The upper limit of the reaction temperature is selected from 60 ℃, 70 ℃, 80 ℃, 90 ℃, 100 ℃, 120 ℃ and 150 ℃; the lower limit of the reaction temperature is selected from 50 ℃, 60 ℃, 70 ℃, 80 ℃, 90 ℃, 100 ℃ and 120 ℃.

The upper limit of the reaction time is selected from 1h, 2h, 3h, 4h, 5h, 12h, 24h and 36 h; the lower limit of the reaction time is selected from 0.5h, 1h, 2h, 3h, 4h, 5h, 12h and 24 h.

Optionally, the mixed solution further contains a solvent selected from at least one of acetonitrile, methanol, ethanol, isopropanol, tetrahydrofuran, dichloromethane, toluene, and diethyl ether.

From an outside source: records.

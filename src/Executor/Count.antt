-- ===== src/Executor/Count.antt =====
-- Steps with distinct names, and the number of those that are still pending.
use ottoflow.Prelude.{
  ℕ, suc, ◌≤◌, ◌<◌, String, true, false, some, List, [], ◌∷◌, ◌≡◌, refl, sym, ◌∙◌, inl, inr, ap,
  subst, ◌==◌, if◌then◌else◌, arith, eq_refl, Bool-cases, String-cases, length,
}
use ottoflow.Api.Step.{Step}
use ottoflow.Dag.{Flags, mark}
use ottoflow.Dag.Declare.{is_step}
use ottoflow.Executor.{get_status, is_step_done, is_pending, find_step, completed_steps, all_done}
use ottoflow.Executor.Ran.{Statuses, pending_at, Frozen}

-- No two steps have the same name.
abbrev pub IsDistinct : List Step → Type 0
IsDistinct [] = Unit {0}
IsDistinct (s ∷ ss) = (is_step ss s.name ≡ false) × IsDistinct ss

pub find_step-of-is_step :
    (ss : List Step) (a : String) → is_step ss a ≡ true → (s : Step) × (find_step a ss ≡ some s)
unfolding find_step
find_step-of-is_step [] a h = cc
find_step-of-is_step (s ∷ ss) a h = elim (Bool-cases (s.name == a)) [
  | inl e ↦ (s, rw e refl)
  | inr e ↦ let (t, h') = find_step-of-is_step ss a (ground arith) in (t, rw e h')
]

pub is_step-of-find_step :
    (ss : List Step) (a : String) (s : Step) → find_step a ss ≡ some s → is_step ss a ≡ true
unfolding find_step
is_step-of-find_step [] a s h = cc
is_step-of-find_step (t ∷ ss) a s h = ground (arith, is_step-of-find_step ss a s)

pub completed_steps-absent :
    (ss : List Step) (m : Statuses) (f : Flags) (a : String)
    → is_step ss a ≡ false
    → completed_steps ss m f a ≡ f a
unfolding completed_steps
completed_steps-absent [] m f a h = refl
completed_steps-absent (s ∷ ss) m f a h =
    completed_steps-absent ss m (mark s.name _ f) a (ground arith) ∙ ground arith

-- With distinct names, a step is completed when its own status says that it is done.
pub completed_steps-find :
    (ss : List Step) (m : Statuses) (f : Flags) (a : String) (s : Step)
    → IsDistinct ss
    → find_step a ss ≡ some s
    → completed_steps ss m f a ≡ is_step_done s (get_status a m)
unfolding completed_steps find_step
completed_steps-find [] m f a s h e = cc
completed_steps-find (t ∷ ss) m f a s h e = elim (String-cases t.name a) [
  | inl (p, q) ↦
      completed_steps-absent ss m (mark t.name _ f) a (subst (λ n. is_step ss n ≡ false) p h.0)
      ∙ (ground arith ∙ (same (rw q at e) ∙ ap (λ n. is_step_done s (get_status n m)) p))
  | inr (p, q) ↦ completed_steps-find ss m (mark t.name _ f) a s h.1 (rw q at e)
]
  where
    same :
        some t ≡ some s
        → is_step_done t (get_status t.name m) ≡ is_step_done s (get_status t.name m)
    same r = ground arith

-- A step that is not done, if not all are.
pub not_done :
    (ss : List Step) (m : Statuses)
    → IsDistinct ss
    → all_done ss m ≡ false
    → (s : Step) × (find_step s.name ss ≡ some s) × (is_step_done s (get_status s.name m) ≡ false)
unfolding all_done find_step
not_done [] m h e = cc
not_done (t ∷ ss) m h e = elim (Bool-cases (is_step_done t (get_status t.name m))) [
  | inl d ↦
      let (s, found, open_s) = not_done ss m h.1 (ground arith) in
      elim (String-cases t.name s.name) [
        | inl (p, q) ↦
            absurd
              (cc (subst (λ n. is_step ss n ≡ false) p h.0, is_step-of-find_step ss s.name s found))
        | inr (p, q) ↦ (s, rw q found, open_s)
      ]
  | inr d ↦ (t, rw eq_refl refl, d)
]

pub pending_count : List Step → Statuses → ℕ
pending_count [] m = 0
pending_count (s ∷ ss) m =
    let rest = pending_count ss m in if pending_at s.name m then suc rest else rest

pub pending_count-le : (ss : List Step) (m : Statuses) → pending_count ss m ≤ length ss
unfolding pending_count
pending_count-le [] m = omega arith
pending_count-le (s ∷ ss) m = ground (arith, pending_count-le ss m)

pub pending_count_mono :
    (ss : List Step) (m m' : Statuses) → Frozen m m' → pending_count ss m' ≤ pending_count ss m
unfolding pending_count
pending_count_mono [] m m' h = omega arith
pending_count_mono (s ∷ ss) m m' h = ground (
  arith,
  pending_count_mono ss m m' h,
  h s.name,
  ap (λ t. is_pending t.phase) {x = get_status s.name m'} {y = get_status s.name m},
)

pub pending_count-lt :
    (ss : List Step) (m m' : Statuses) (a : String)
    → Frozen m m'
    → is_step ss a ≡ true
    → pending_at a m ≡ true
    → pending_at a m' ≡ false
    → pending_count ss m' < pending_count ss m
unfolding pending_count
pending_count-lt [] m m' a h s p q = cc
pending_count-lt (t ∷ ss) m m' a h s p q = elim (String-cases t.name a) [
  | inl (r, e) ↦
      rw
        (
          subst (λ n. pending_at n m ≡ true) (sym r) p,
          subst (λ n. pending_at n m' ≡ false) (sym r) q,
        )
        (omega (arith, pending_count_mono ss m m' h))
  | inr (r, e) ↦ ground (
    arith,
    pending_count-lt ss m m' a h,
    h t.name,
    ap (λ u. is_pending u.phase) {x = get_status t.name m'} {y = get_status t.name m},
  )
]

pub pending_count-pos :
    (ss : List Step) (m : Statuses) (a : String)
    → is_step ss a ≡ true
    → pending_at a m ≡ true
    → 0 < pending_count ss m
unfolding pending_count
pending_count-pos [] m a s p = cc
pending_count-pos (t ∷ ss) m a s p = elim (String-cases t.name a) [
  | inl (r, e) ↦ rw (subst (λ n. pending_at n m ≡ true) (sym r) p) (omega arith)
  | inr (r, e) ↦ ground (arith, pending_count-pos ss m a)
]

In one embodiment, an aldehyde compound, a catalyst, ammonia water and a solvent are added into a reaction kettle, wherein the molar ratio of the aldehyde compound to the aldehyde compound is 1-15, the mixture is heated to 50-150 ℃, the hydrogen partial pressure is 0.1-4.0 MPa, the reaction time is 0.5-36 h, and the aldehyde compound is reductively aminated into imine.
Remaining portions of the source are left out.